Because the drawings are small and the lines shaky, because the brush is used to make dabs as often as strokes, it is easy to forget that she was a painter in a tradition that valued craft, and which, as is evident in her late oil paintings in particular, reckoned to arrive at freshness through discipline. Colours were planned; the setting out of the palette was a creative prelude to painting. If something didn’t succeed – if the pink was not quite strong enough, if the relation of marks to shapes was out of whack – you started again.

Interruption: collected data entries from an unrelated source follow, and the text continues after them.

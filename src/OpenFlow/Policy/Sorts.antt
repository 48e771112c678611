-- ===== src/OpenFlow/Policy/Sorts.antt =====
-- Which of three kinds of flows of table 10 match a packet: the drops of isolated pods, the flows of
-- rules, and the drops of exceptions.
use k_vswitch.Prelude.{
  ℕ, pos, ◌≡◌, refl, ◌∙◌, String, Bool, true, false, ◌&&◌, ◌||◌, List, [], ◌∷◌, ◌++◌, any, All,
  All-append, arith,
}
use k_vswitch.Flows.{Flow}
use k_vswitch.Flows.Buffer.Emits.{flat_map}
use k_vswitch.OpenFlow.Switch.{Packet, int_eq, matches}

pub any-append {ℓ} :
    {X : Type ℓ} (q : X → Bool) (xs ys : List X) → any q (xs ++ ys) ≡ (any q xs || any q ys)
any-append q [] ys = refl
any-append q (x ∷ xs) ys = ground (arith, any-append q xs ys)

pub any-false {ℓ} : {X : Type ℓ} (xs : List X) → any (λ x. false) xs ≡ false
any-false [] = refl
any-false (x ∷ xs) = any-false xs

-- a test that does not look at the element
pub any-and {ℓ} :
    {X : Type ℓ} (q : X → Bool) (b : Bool) (xs : List X) → any (λ x. q x && b) xs ≡ (any q xs && b)
any-and q b [] = refl
any-and q b (x ∷ xs) = ground (arith, any-and q b xs)

pub and-any {ℓ} :
    {X : Type ℓ} (b : Bool) (q : X → Bool) (xs : List X) → any (λ x. b && q x) xs ≡ (b && any q xs)
and-any b q [] = ground arith
and-any b q (x ∷ xs) = ground (arith, and-any b q xs)

-- the three kinds, by priority and action: a drop, or a resubmission to table 20
pub data IsPolicyFlow (f : Flow) : Type 0 where
  isolating :
      f.table ≡ pos 10 → f.priority ≡ pos 100 → f.drop ≡ true → f.resubmit ≡ pos 0 → IsPolicyFlow f
  allowing :
      f.table ≡ pos 10
      → f.priority ≡ pos 1000
      → f.drop ≡ false
      → f.resubmit ≡ pos 20
      → IsPolicyFlow f
  excepting :
      f.table ≡ pos 10 → f.priority ≡ pos 1100 → f.drop ≡ true → f.resubmit ≡ pos 0 → IsPolicyFlow f

module _ {A : Type 0} (covers : String → A → Bool) (p : Packet A) where
  -- some flow of the priority matches
  abbrev pub hit : ℕ → List Flow → Bool
  hit k = any (λ f. int_eq f.priority (pos k) && matches covers f p)

  -- All flows are of the three kinds, and the three answers say which kinds have a match.
  pub record Sorts (fs : List Flow) (isolated allowed excepted : Bool) : Type 0 where
    pub kinds : All IsPolicyFlow fs
    pub drops : hit 100 fs ≡ isolated
    pub allows : hit 1000 fs ≡ allowed
    pub excepts : hit 1100 fs ≡ excepted

  pub Sorts-nil : Sorts [] false false false
  Sorts-nil = record { kinds = tt; drops = refl; allows = refl; excepts = refl }

  pub Sorts-append :
      {fs gs : List Flow} {i a e j b x : Bool}
      → Sorts fs i a e
      → Sorts gs j b x
      → Sorts (fs ++ gs) (i || j) (a || b) (e || x)
  Sorts-append {fs} {gs} h k = record {
    kinds = All-append IsPolicyFlow fs gs h.kinds k.kinds;
    drops = rw (any-append _ fs gs, h.drops, k.drops);
    allows = rw (any-append _ fs gs, h.allows, k.allows);
    excepts = rw (any-append _ fs gs, h.excepts, k.excepts);
  }

  pub Sorts-flat_map {ℓ} :
      {X : Type ℓ} (f : X → List Flow) (i a e : X → Bool) (xs : List X)
      → ((x : X) → Sorts (f x) (i x) (a x) (e x))
      → Sorts (flat_map f xs) (any i xs) (any a xs) (any e xs)
  Sorts-flat_map f i a e [] each = Sorts-nil
  Sorts-flat_map f i a e (x ∷ xs) each = Sorts-append (each x) (Sorts-flat_map f i a e xs each)

  -- the answers may be written otherwise
  pub Sorts-eq :
      {fs : List Flow} {i a e j b x : Bool}
      → Sorts fs i a e
      → i ≡ j
      → a ≡ b
      → e ≡ x
      → Sorts fs j b x
  Sorts-eq h p q r = record {
    kinds = h.kinds;
    drops = h.drops ∙ p;
    allows = h.allows ∙ q;
    excepts = h.excepts ∙ r;
  }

The essay in the Tate catalogue by Mary Bustin about Gwen John’s later painting technique is especially illuminating.* The matt, pastel-like paint is genuinely chalky. It was applied to an absorbent ground of glue and chalk, and powdered chalk was mixed with the paint. Paint straight from the tube is usually overloaded with the oil medium – you find manuals which recommend squeezing it first onto blotting paper. The chalk which made her paint into a stiff paste also made it paler. In the two oil paintings in Cork Street you also see many hairline cracks, as though the dabs of paint shrank in drying. Look at the surface of the pictures and you see how un-fluid the paint has become – it isn’t stuff you could make long strokes with even if you wanted to.

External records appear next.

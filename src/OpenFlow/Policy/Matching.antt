-- ===== src/OpenFlow/Policy/Matching.antt =====
-- Which packets the single flows of a policy, and those for the ports of a rule, match.
use k_vswitch.Prelude.{
  ℤ, pos, ◌≡◌, refl, String, Bool, true, false, ◌&&◌, ◌||◌, Option, none, some, List, [], ◌∷◌,
  arith, str_eq, if◌then◌else◌,
}
use k_vswitch.Text.{to_lower}
use k_vswitch.Flows.{Flow, ◌▸◌, with_tcp_dest_port, with_udp_dest_port}
use k_vswitch.OpenFlow.Kube.{IntOrString, PolicyPort}
use k_vswitch.OpenFlow.Policy.{
  Lookup, Direction, ingress, egress, with_pod, with_peer, default_drop, allow, drop_block,
}
use k_vswitch.OpenFlow.Policy.Flows.{port_list, ports_list}
use k_vswitch.OpenFlow.Policy.Permits.{pod_end, peer_end, port_allows, ports_allow}
use k_vswitch.OpenFlow.Policy.Sorts.{
  any-false, and-any, isolating, allowing, excepting, Sorts, Sorts-nil, Sorts-append,
  Sorts-flat_map, Sorts-eq,
}
use k_vswitch.OpenFlow.Switch.{Packet, is_tcp, is_udp, tcp_port_is, udp_port_is, selects, matches}

module _ {A : Type 0} (covers : String → A → Bool) (p : Packet A) where
  or-false : (b : Bool) → (b || false) ≡ b
  or-false b = ground arith

  -- one flow of each kind
  Sorts-allow :
      (f : Flow) (b : Bool)
      → f.table ≡ pos 10
      → f.priority ≡ pos 1000
      → f.drop ≡ false
      → f.resubmit ≡ pos 20
      → matches covers f p ≡ b
      → Sorts covers p (f ∷ []) false b false
  Sorts-allow f b t k d r m = record {
    kinds = (allowing t k d r, tt);
    drops = rw k refl;
    allows = rw (k, m) (or-false b);
    excepts = rw k refl;
  }

  pub Sorts-drop :
      (d : Direction) (ip : String)
      → Sorts covers p (default_drop d ip ∷ []) (selects covers ip (pod_end d p)) false false
  Sorts-drop ingress ip = record {
    kinds = (isolating refl refl refl refl, tt);
    drops = ground arith;
    allows = refl;
    excepts = refl;
  }
  Sorts-drop egress ip = record {
    kinds = (isolating refl refl refl refl, tt);
    drops = ground arith;
    allows = refl;
    excepts = refl;
  }

  pub Sorts-drop_block :
      (d : Direction) (cidr ip : String)
      → Sorts covers p
          (drop_block d cidr ip ∷ [])
          false
          false
          (selects covers ip (pod_end d p) && selects covers cidr (peer_end d p))
  Sorts-drop_block ingress cidr ip = record {
    kinds = (excepting refl refl refl refl, tt);
    drops = refl;
    allows = refl;
    excepts = ground arith;
  }
  Sorts-drop_block egress cidr ip = record {
    kinds = (excepting refl refl refl refl, tt);
    drops = refl;
    allows = refl;
    excepts = ground arith;
  }

  -- A way to narrow the flows of a rule by addresses, with the test that it adds.
  pub record Narrows (narrow : Flow → Flow) (b : Bool) : Type 0 where
    pub any_ip : Sorts covers p (allow "ip" narrow ∷ []) false b false
    pub tcp_to :
        (n : ℤ)
        → Sorts covers p
            (allow "tcp" (λ f. f ▸ with_tcp_dest_port n ▸ narrow) ∷ [])
            false
            (b && (is_tcp p.transport && tcp_port_is n p.transport))
            false
    pub udp_to :
        (n : ℤ)
        → Sorts covers p
            (allow "udp" (λ f. f ▸ with_udp_dest_port n ▸ narrow) ∷ [])
            false
            (b && (is_udp p.transport && udp_port_is n p.transport))
            false

  pub Narrows-pod :
      (d : Direction) (ip : String) → Narrows (with_pod d ip) (selects covers ip (pod_end d p))
  Narrows-pod ingress ip = record {
    any_ip = Sorts-allow _ _ refl refl refl refl (ground arith);
    tcp_to = λ n. Sorts-allow _ _ refl refl refl refl (ground arith);
    udp_to = λ n. Sorts-allow _ _ refl refl refl refl (ground arith);
  }
  Narrows-pod egress ip = record {
    any_ip = Sorts-allow _ _ refl refl refl refl (ground arith);
    tcp_to = λ n. Sorts-allow _ _ refl refl refl refl (ground arith);
    udp_to = λ n. Sorts-allow _ _ refl refl refl refl (ground arith);
  }

  pub Narrows-pair :
      (d : Direction) (peer_ip pod_ip : String)
      → Narrows
          (λ f. f ▸ with_peer d peer_ip ▸ with_pod d pod_ip)
          (selects covers peer_ip (peer_end d p) && selects covers pod_ip (pod_end d p))
  Narrows-pair ingress peer_ip pod_ip = record {
    any_ip = Sorts-allow _ _ refl refl refl refl (ground arith);
    tcp_to = λ n. Sorts-allow _ _ refl refl refl refl (ground arith);
    udp_to = λ n. Sorts-allow _ _ refl refl refl refl (ground arith);
  }
  Narrows-pair egress peer_ip pod_ip = record {
    any_ip = Sorts-allow _ _ refl refl refl refl (ground arith);
    tcp_to = λ n. Sorts-allow _ _ refl refl refl refl (ground arith);
    udp_to = λ n. Sorts-allow _ _ refl refl refl refl (ground arith);
  }

  module _ (env : Lookup) {narrow : Flow → Flow} {b : Bool} (n : Narrows narrow b) where
    -- a test of the protocol's word, in front of a flow
    Sorts-if :
        (t c : Bool) (f : Flow)
        → Sorts covers p (f ∷ []) false c false
        → Sorts covers p (if t then f ∷ [] else []) false (t && c) false
    Sorts-if true c f h = h
    Sorts-if false c f h = Sorts-nil covers p

    port-Sorts :
        (port : Option IntOrString) (name : Option String)
        → Sorts covers p
            (port_list env narrow port name)
            false
            (b && port_allows env port name p.transport)
            false
    port-Sorts none name = Sorts-eq covers p (Sorts-nil covers p) refl (ground arith) refl
    port-Sorts (some i) none = Sorts-eq covers p (Sorts-nil covers p) refl (ground arith) refl
    port-Sorts (some i) (some s) =
        Sorts-eq covers p
          (Sorts-append covers p
            (Sorts-if (str_eq (to_lower s) "tcp") _ _ (n.tcp_to (env.int_value i)))
            (Sorts-if (str_eq (to_lower s) "udp") _ _ (n.udp_to (env.int_value i))))
          refl (ground arith) refl

    pub ports-Sorts :
        (ports : List PolicyPort)
        → Sorts covers p
            (ports_list env ports narrow)
            false
            (b && ports_allow env ports p.transport)
            false
    ports-Sorts [] = Sorts-eq covers p n.any_ip refl (ground arith) refl
    ports-Sorts (x ∷ xs) =
        Sorts-eq covers p
          (Sorts-flat_map covers p (λ (q : PolicyPort). port_list env narrow q.port q.protocol)
            (λ q. false) (λ q. b && port_allows env q.port q.protocol p.transport) (λ q. false)
            (x ∷ xs) (λ q. port-Sorts q.port q.protocol))
          (any-false (x ∷ xs))
          (and-any b (λ (q : PolicyPort). port_allows env q.port q.protocol p.transport) (x ∷ xs))
          (any-false (x ∷ xs))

The dabbed paint in the oils contrasts with sensitively drawn outlines in crayon or charcoal in the portrait drawings. But both are aspects of an aesthetic of frugality – of minimal means. If a moment comes when you get impatient with the pale light, the attic room, the girls always sitting in similar poses; if the individuality of the cats fails to impress you; if it all seems thin and lacking in scope, you know that your feelings are not in step with what sustained Gwen John in her work. She wasn’t doing it for you, she was doing it for herself.